◆ **YOUR ASSIGNMENT**
Find the line with "topic_filter = field_of topic;" and the line with "unfoldable pub msg_bus_publish" in the entries below; output exactly those two lines, every line between them, and no others.

Content starts

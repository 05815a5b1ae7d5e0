-- ===== src/MessageBus.antt =====
-- src/ipc/message_bus.c: topics, subscribers, and delivery through the kernel's message queue, which is
-- a parameter with what the kernel promises of it. A handler is named by a number; the calls of handlers
-- are the list of deliveries, in order. What a handler does is not modelled: it makes no call of the bus.
pub mod Wire
pub mod Drain
pub mod Members
pub mod Silence
mod Tests
use akira_os.Prelude.{
  ℕ, zero, suc, ◌+◌, ◌-◌, ◌%◌, ◌^◌, ◌<◌, ◌≤◌, ◌≡◌, Bool, true, false, not, ◌&&◌, ◌||◌, Option, none,
  some, List, [], ◌∷◌, ◌++◌, Ret, ok, err, Errno, if◌then◌else◌, ltb, leb, ◌==◌, get_or, set, take,
  replicate, length, find_index, CString, str_eq, shift_down,
}

-- MSG_MAX_PAYLOAD_SIZE, MSG_MAX_TOPIC_LEN, MSG_MAX_SUBSCRIBERS, MSG_QUEUE_SIZE, MAX_PENDING_REPLIES
abbrev pub max_payload_size : ℕ
max_payload_size = 256

abbrev pub max_topic_len : ℕ
max_topic_len = 32

abbrev pub max_subscribers : ℕ
max_subscribers = 16

abbrev pub msg_queue_size : ℕ
msg_queue_size = 32

abbrev pub max_pending_replies : ℕ
max_pending_replies = 8

-- `msg_priority_t`: 0 is LOW, 1 NORMAL, 2 HIGH, 3 URGENT.
abbrev pub Priority : Type 0
Priority = ℕ

-- `struct msg_header` and the payload; an empty topic is that of a message from one to one.
pub record Message : Type 0 where
  pub msg_id : ℕ
  pub sender_id : ℕ
  pub recipient_id : ℕ
  pub topic : CString
  pub priority : Priority
  pub timestamp : ℕ
  pub payload_len : ℕ
  pub payload : List ℕ

-- `struct msg_subscriber`
pub record Subscriber : Type 0 where
  pub id : ℕ
  pub handler : ℕ
  pub user_data : ℕ
  pub topic_filter : CString
  pub min_priority : Priority

abbrev pub no_subscriber : Subscriber
no_subscriber = record { id = 0; handler = 0; user_data = 0; topic_filter = []; min_priority = 0 }

-- `struct k_msgq` of the kernel: a queue with room for so many messages, oldest first; neither call waits.
pub record MsgQueue : Type 1 where
  pub Queue : Type 0
  pub k_msgq_init : ℕ → Queue
  pub k_msgq_put : Queue → Message → Option Queue
  pub k_msgq_get : Queue → Option (Message × Queue)
  pub contents : Queue → List Message
  pub room : Queue → ℕ
  pub init_lem : (n : ℕ) → (contents (k_msgq_init n) ≡ []) × (room (k_msgq_init n) ≡ n)
  pub put-room :
      (q : Queue) (m : Message)
      → length (contents q) < room q
      → (q' : Queue) × (k_msgq_put q m ≡ some q')
        × (contents q' ≡ contents q ++ m ∷ [])
        × (room q' ≡ room q)
  pub put-full : (q : Queue) (m : Message) → room q ≤ length (contents q) → k_msgq_put q m ≡ none
  pub get-empty : (q : Queue) → contents q ≡ [] → k_msgq_get q ≡ none
  pub get-first :
      (q : Queue) (m : Message) (ms : List Message)
      → contents q ≡ m ∷ ms
      → (q' : Queue) × (k_msgq_get q ≡ some (m, q')) × (contents q' ≡ ms) × (room q' ≡ room q)

-- What the handler of a subscriber is called with.
pub record Delivery : Type 0 where
  pub to : Subscriber
  pub message : Message

-- topic_matches
unfoldable pub topic_matches : CString → CString → Bool
topic_matches topic filter = str_eq topic filter || str_eq filter (42 ∷ [])

abbrev pub is_empty : CString → Bool
is_empty [] = true
is_empty (c ∷ s) = false

-- What `strncpy` of a string into the field leaves there: the first 31 bytes.
abbrev pub field_of : CString → CString
field_of s = take (max_topic_len - 1) s

-- The three checks in the loop of `msg_bus_process`.
unfoldable pub accepts : Subscriber → Message → Bool
unfolding topic_matches
accepts sub msg =
    if not (msg.recipient_id == 0) && not (msg.recipient_id == sub.id)
    then false
    else if not (is_empty msg.topic) && not (topic_matches msg.topic sub.topic_filter)
    then false
    else if ltb msg.priority sub.min_priority
    then false
    else true

unfoldable pub deliver : List Subscriber → Message → List Delivery
unfolding accepts
deliver [] msg = []
deliver (sub ∷ subs) msg =
    let rest = deliver subs msg in
    if accepts sub msg then record { to = sub; message = msg } ∷ rest else rest

abbrev pub has_id : ℕ → Subscriber → Bool
has_id n sub = sub.id == n

module _ (K : MsgQueue) where
  -- `bus_state`; of the slots for replies only the ids are set.
  pub record Bus : Type 0 where
    pub initialized : Bool
    pub next_msg_id : ℕ
    pub next_subscriber_id : ℕ
    pub msg_queue : K.Queue
    pub subscribers : List Subscriber
    pub subscriber_count : ℕ
    pub pending_replies : List ℕ
    pub stats_sent : ℕ
    pub stats_received : ℕ
    pub stats_dropped : ℕ

  -- `bus_state` before `msg_bus_init`; its queue is not set up.
  abbrev pub boot : K.Queue → Bus
  boot q = record {
    initialized = false;
    next_msg_id = 0;
    next_subscriber_id = 0;
    msg_queue = q;
    subscribers = replicate max_subscribers no_subscriber;
    subscriber_count = 0;
    pending_replies = replicate max_pending_replies 0;
    stats_sent = 0;
    stats_received = 0;
    stats_dropped = 0;
  }

  -- The part of the array that is in use.
  abbrev pub live : Bus → List Subscriber
  live b = take b.subscriber_count b.subscribers

  unfoldable pub msg_bus_init : Bus → Ret × Bus
  msg_bus_init b = if b.initialized then (ok 0, b) else (
    ok 0,
    record b {
      msg_queue = K.k_msgq_init msg_queue_size;
      pending_replies = replicate max_pending_replies 0;
      next_msg_id = 1;
      next_subscriber_id = 1;
      initialized = true;
    },
  )

  -- The id is the value; the caller reads it as a signed number.
  unfoldable pub msg_bus_subscribe : Bus → Option CString → Option ℕ → ℕ → Ret × Bus
  msg_bus_subscribe b none handler user_data =
      if not b.initialized then (err Errno.enodev, b) else (err Errno.einval, b)
  msg_bus_subscribe b (some topic) none user_data =
      if not b.initialized then (err Errno.enodev, b) else (err Errno.einval, b)
  msg_bus_subscribe b (some topic) (some handler) user_data =
      if not b.initialized
      then (err Errno.enodev, b)
      else if leb max_subscribers b.subscriber_count
      then (err Errno.enomem, b)
      else let sub : Subscriber = record {
        id = b.next_subscriber_id;
        handler = handler;
        user_data = user_data;
        topic_filter = field_of topic;
        min_priority = 0;
      } in
        (
          ok b.next_subscriber_id,
          record b {
            next_subscriber_id = (b.next_subscriber_id + 1) % 2 ^ 32;
            subscribers = set b.subscribers b.subscriber_count sub;
            subscriber_count = b.subscriber_count + 1;
          },
        )

  unfoldable pub msg_bus_unsubscribe : Bus → ℕ → Ret × Bus
  msg_bus_unsubscribe b subscriber_id =
      if not b.initialized
      then (err Errno.enodev, b)
      else elim (find_index (has_id subscriber_id) (live b)) [
        | none ↦ (err Errno.enoent, b)
        | some i ↦ (
          ok 0,
          record b {
            subscribers = shift_down (b.subscriber_count - 1 - i) i b.subscribers;
            subscriber_count = b.subscriber_count - 1;
          },
        )
      ]

  -- How `msg_bus_publish` and `msg_bus_send` end: the message goes into the queue, or is dropped.
  unfoldable pub enqueue : Bus → Message → Ret × Bus
  enqueue b msg = elim (K.k_msgq_put b.msg_queue msg) [
    | none ↦ (err Errno.eagain, record b { stats_dropped = (b.stats_dropped + 1) % 2 ^ 32 })
    | some q ↦ (ok msg.msg_id, record b { msg_queue = q; stats_sent = (b.stats_sent + 1) % 2 ^ 32 })
  ]

  -- The message that is built; the payload is that of the caller, `none` is NULL for an empty one.
  abbrev pub new_message : Bus → ℕ → CString → List ℕ → Priority → ℕ → Message
  new_message b recipient topic payload priority now = record {
    msg_id = b.next_msg_id;
    sender_id = 0;
    recipient_id = recipient;
    topic = topic;
    priority = priority;
    timestamp = now;
    payload_len = length payload;
    payload = payload;
  }

  abbrev pub took_id : Bus → Bus
  took_id b = record b { next_msg_id = (b.next_msg_id + 1) % 2 ^ 32 }

  unfoldable pub msg_bus_publish : Bus → Option CString → List ℕ → Priority → ℕ → Ret × Bus
  unfolding enqueue
  msg_bus_publish b none payload priority now =
      if not b.initialized then (err Errno.enodev, b) else (err Errno.einval, b)
  msg_bus_publish b (some topic) payload priority now =
      if not b.initialized
      then (err Errno.enodev, b)
      else if ltb max_payload_size (length payload)
      then (err Errno.einval, b)
      else enqueue (took_id b) (new_message b 0 (field_of topic) payload priority now)

  -- The way of delivery is read only for a warning.
  unfoldable pub msg_bus_send : Bus → ℕ → List ℕ → ℕ → Ret × Bus
  unfolding enqueue
  msg_bus_send b recipient_id payload now =
      if not b.initialized
      then (err Errno.enodev, b)
      else if ltb max_payload_size (length payload)
      then (err Errno.einval, b)
      else enqueue (took_id b) (new_message b recipient_id [] payload 1 now)

  -- Neither waiting for a reply nor replying is there yet.
  unfoldable pub msg_bus_wait_reply : Bus → Bool → Ret
  msg_bus_wait_reply b has_reply =
      if not b.initialized || not has_reply then err Errno.einval else err Errno.enotsup

  unfoldable pub msg_bus_reply : Bus → Bool → Ret
  msg_bus_reply b has_original =
      if not b.initialized || not has_original then err Errno.einval else err Errno.enotsup

  -- The loop of `msg_bus_process` on fuel: the number of messages processed, the deliveries made, and
  -- the state; `none` if the fuel does not suffice. It stands for a run in which no other thread uses the bus.
  unfoldable pub process_messages : ℕ → Bus → Option (ℕ × (List Delivery × Bus))
  unfolding deliver
  process_messages zero b = none
  process_messages (suc fuel) b = elim (K.k_msgq_get b.msg_queue) [
    | none ↦ some (0, ([], b))
    | some r ↦
        let b' = record b { msg_queue = r.1; stats_received = (b.stats_received + 1) % 2 ^ 32 } in
        elim (process_messages fuel b') [
          | none ↦ none
          | some p ↦ some (suc p.0, (deliver (live b') r.0 ++ p.1.0, p.1.1))
        ]
  ]

  unfoldable pub msg_bus_process : ℕ → Bus → Option (Ret × (List Delivery × Bus))
  unfolding process_messages
  msg_bus_process fuel b =
      if not b.initialized
      then some (err Errno.enodev, ([], b))
      else elim (process_messages fuel b) [ none ↦ none | some p ↦ some (ok p.0, p.1) ]

  unfoldable pub msg_bus_stats : Bus → ℕ × (ℕ × ℕ)
  msg_bus_stats b = (b.stats_sent, (b.stats_received, b.stats_dropped))
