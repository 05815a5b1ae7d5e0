-- ===== src/MessageBus/Drain.antt =====
-- What `msg_bus_process` of src/ipc/message_bus.c delivers.
use akira_os.Prelude.{
  ℕ, zero, suc, ◌+◌, ◌%◌, ◌^◌, ◌<◌, ◌≡◌, refl, ap, ap₂, subst, map, ◌&&◌, ◌||◌, ◌==◌, leb, str_eq,
  if◌then◌else◌, Bool, true, false, not, Option, none, some, List, [], ◌∷◌, ◌++◌, Ret, ok, if_case,
  ltb, length, get_elem?, arith, Bool-cases, inl, inr,
}
use akira_os.MessageBus.{
  Message, Subscriber, MsgQueue, Delivery, Bus, live, accepts, topic_matches, is_empty, deliver,
  enqueue, process_messages, msg_bus_process,
}

-- Whom a message is for: it is sent to all or to this subscriber, it has no topic or one that the
-- subscriber's filter names, where "*" names every topic, and its priority is high enough.
abbrev pub wants : Message → Subscriber → Bool
wants m s =
    (m.recipient_id == 0 || m.recipient_id == s.id)
    && (is_empty m.topic || (str_eq m.topic s.topic_filter || str_eq s.topic_filter (42 ∷ [])))
    && leb s.min_priority m.priority

-- The subscribers that pass, in their order.
abbrev pub select : (Subscriber → Bool) → List Subscriber → List Subscriber
select p [] = []
select p (s ∷ ss) = if p s then s ∷ select p ss else select p ss

-- One delivery of the message to each subscriber.
abbrev pub send_to : Message → List Subscriber → List Delivery
send_to m ss = map (λ s. record { to = s; message = m }) ss

accepts-wants : (s : Subscriber) (m : Message) → accepts s m ≡ wants m s
unfolding accepts topic_matches
accepts-wants s m = ground arith

pub deliver_lem :
    (subs : List Subscriber) (m : Message) → deliver subs m ≡ send_to m (select (wants m) subs)
unfolding deliver
deliver_lem [] m = refl
deliver_lem (s ∷ ss) m = elim (Bool-cases (wants m s)) [
  | inl y ↦ ground (arith, y, accepts-wants s m, deliver_lem ss m)
  | inr n ↦ ground (arith, n, accepts-wants s m, deliver_lem ss m)
]

-- The deliveries of several messages: each message to all whom it is for before the next one.
abbrev pub deliver_all : List Subscriber → List Message → List Delivery
deliver_all subs [] = []
deliver_all subs (m ∷ ms) = send_to m (select (wants m) subs) ++ deliver_all subs ms

abbrev pub Among : Delivery → List Delivery → Type 0
Among d ds = (i : ℕ) × (get_elem? ds i ≡ some d)

module _ (K : MsgQueue) where
  abbrev pub queued : Bus K → List Message
  queued b = K.contents b.msg_queue

  -- What the processing of all messages comes to.
  pub record Drained (b : Bus K) (r : Ret × (List Delivery × Bus K)) : Type 0 where
    pub answers : r.0 ≡ ok (length (queued b))
    pub delivers : r.1.0 ≡ deliver_all (live K b) (queued b)
    pub empties : queued r.1.1 ≡ []
    pub keeps : live K r.1.1 ≡ live K b

  process_messages-Drained :
      (fuel : ℕ) (ms : List Message) (b : Bus K)
      → queued b ≡ ms
      → length ms < fuel
      → (p : ℕ × (List Delivery × Bus K)) × (process_messages K fuel b ≡ some p)
        × (p.0 ≡ length ms)
        × (p.1.0 ≡ deliver_all (live K b) ms)
        × (queued p.1.1 ≡ [])
        × (live K p.1.1 ≡ live K b)
  unfolding process_messages
  process_messages-Drained zero ms b e lt = absurd (omega arith)
  process_messages-Drained (suc fuel) [] b e lt =
      ((0, ([], b)), rw (process_messages, K.get-empty b.msg_queue e) refl, refl, refl, e, refl)
  process_messages-Drained (suc fuel) (m ∷ ms) b e lt =
      let (q, got, rest, same) = K.get-first b.msg_queue m ms e in
      let b' : Bus K = record b {
        msg_queue = q;
        stats_received = (b.stats_received + 1) % 2 ^ 32;
      } in
      let (p, eq, n, ds, em, kept) = process_messages-Drained fuel ms b' rest (omega arith) in
      (
        (suc p.0, (deliver (live K b') m ++ p.1.0, p.1.1)),
        rw (process_messages, got, eq) refl,
        ap suc n,
        ap₂ ◌++◌ (deliver_lem (live K b) m) ds,
        em,
        kept,
      )

  -- On an initialized bus that no other thread uses meanwhile, with more fuel than there are queued messages, `msg_bus_process` comes to an end:
  -- it answers with their number, has delivered each of them, oldest first, to exactly the subscribers that it
  -- is for, by recipient, topic and priority, in the order of their table, and leaves the queue empty and
  -- the subscribers as they were.
  pub process-Drained :
      (fuel : ℕ) (b : Bus K)
      → b.initialized ≡ true
      → length (queued b) < fuel
      → (r : Ret × (List Delivery × Bus K)) × (msg_bus_process K fuel b ≡ some r) × Drained b r
  unfolding msg_bus_process
  process-Drained fuel b on lt =
      let (p, eq, n, ds, em, kept) = process_messages-Drained fuel (queued b) b refl lt in
      (
        (ok p.0, p.1),
        if_case (λ o. o ≡ some (ok p.0, p.1)) (not b.initialized)
            (λ off. absurd (ground (arith, on)))
            λ _. ap (λ o. elim o [ none ↦ none | some p ↦ some (ok p.0, p.1) ]) eq,
        record { answers = ap ok n; delivers = ds; empties = em; keeps = kept },
      )

  -- A publication that is accepted stands at the end of the queue.
  pub enqueue-queued :
      (b : Bus K) (m : Message) (n : ℕ)
      → (enqueue K b m).0 ≡ ok n
      → (queued (enqueue K b m).1 ≡ queued b ++ m ∷ [])
        × (live K (enqueue K b m).1 ≡ live K b)
        × ((enqueue K b m).1.initialized ≡ b.initialized)
  unfolding enqueue
  enqueue-queued b m n e = elim (Bool-cases (ltb (length (queued b)) (K.room b.msg_queue))) [
    | inl lt ↦
        let (q, put, there, same) = K.put-room b.msg_queue m (ground arith) in
        (rw (enqueue, put) there, rw (enqueue, put) refl, rw (enqueue, put) refl)
    | inr ge ↦ absurd (ground (arith, K.put-full b.msg_queue m (ground arith), e))
  ]

Among-left : {d : Delivery} (xs ys : List Delivery) → Among d xs → Among d (xs ++ ys)
Among-left [] ys (i, e) = absurd (ground arith)
Among-left (x ∷ xs) ys (zero, e) = (0, e)
Among-left (x ∷ xs) ys (suc i, e) = let (j, f) = Among-left xs ys (i, e) in (suc j, f)

Among-right : {d : Delivery} (xs ys : List Delivery) → Among d ys → Among d (xs ++ ys)
Among-right [] ys a = a
Among-right (x ∷ xs) ys a = let (j, f) = Among-right xs ys a in (suc j, f)

pub deliver-Among :
    (subs : List Subscriber) (m : Message) (i : ℕ) (s : Subscriber)
    → get_elem? subs i ≡ some s
    → accepts s m ≡ true
    → Among (record { to = s; message = m }) (deliver subs m)
unfolding deliver
deliver-Among [] m i s e a = absurd (ground arith)
deliver-Among (x ∷ subs) m zero s e a =
    if_case (Among (record { to = s; message = m })) (accepts x m) (λ _. (0, ground (arith, e)))
      λ no. absurd (
        ground
          (arith, ap (λ (o : Option Subscriber). elim o [ none ↦ false | some y ↦ accepts y m ]) e))
deliver-Among (x ∷ subs) m (suc i) s e a =
    let (j, f) = deliver-Among subs m i s e a in
    if_case (Among (record { to = s; message = m })) (accepts x m) (λ _. (suc j, f)) λ _. (j, f)

pub last-Among :
    (subs : List Subscriber) (ms : List Message) (m : Message) (d : Delivery)
    → Among d (deliver subs m)
    → Among d (deliver_all subs (ms ++ m ∷ []))
last-Among subs [] m d a =
    Among-left (send_to m (select (wants m) subs)) [] (subst (Among d) (deliver_lem subs m) a)
last-Among subs (x ∷ ms) m d a =
    Among-right (send_to x (select (wants x) subs)) (deliver_all subs (ms ++ m ∷ []))
      (last-Among subs ms m d a)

Content ends

◆ **RESULT FOR THIS EXERCISE**
        topic_filter = field_of topic;
        min_priority = 0;
      } in
        (
          ok b.next_subscriber_id,
          record b {
            next_subscriber_id = (b.next_subscriber_id + 1) % 2 ^ 32;
            subscribers = set b.subscribers b.subscriber_count sub;
            subscriber_count = b.subscriber_count + 1;
          },
        )

  unfoldable pub msg_bus_unsubscribe : Bus → ℕ → Ret × Bus
  msg_bus_unsubscribe b subscriber_id =
      if not b.initialized
      then (err Errno.enodev, b)
      else elim (find_index (has_id subscriber_id) (live b)) [
        | none ↦ (err Errno.enoent, b)
        | some i ↦ (
          ok 0,
          record b {
            subscribers = shift_down (b.subscriber_count - 1 - i) i b.subscribers;
            subscriber_count = b.subscriber_count - 1;
          },
        )
      ]

  -- How `msg_bus_publish` and `msg_bus_send` end: the message goes into the queue, or is dropped.
  unfoldable pub enqueue : Bus → Message → Ret × Bus
  enqueue b msg = elim (K.k_msgq_put b.msg_queue msg) [
    | none ↦ (err Errno.eagain, record b { stats_dropped = (b.stats_dropped + 1) % 2 ^ 32 })
    | some q ↦ (ok msg.msg_id, record b { msg_queue = q; stats_sent = (b.stats_sent + 1) % 2 ^ 32 })
  ]

  -- The message that is built; the payload is that of the caller, `none` is NULL for an empty one.
  abbrev pub new_message : Bus → ℕ → CString → List ℕ → Priority → ℕ → Message
  new_message b recipient topic payload priority now = record {
    msg_id = b.next_msg_id;
    sender_id = 0;
    recipient_id = recipient;
    topic = topic;
    priority = priority;
    timestamp = now;
    payload_len = length payload;
    payload = payload;
  }

  abbrev pub took_id : Bus → Bus
  took_id b = record b { next_msg_id = (b.next_msg_id + 1) % 2 ^ 32 }

  unfoldable pub msg_bus_publish : Bus → Option CString → List ℕ → Priority → ℕ → Ret × Bus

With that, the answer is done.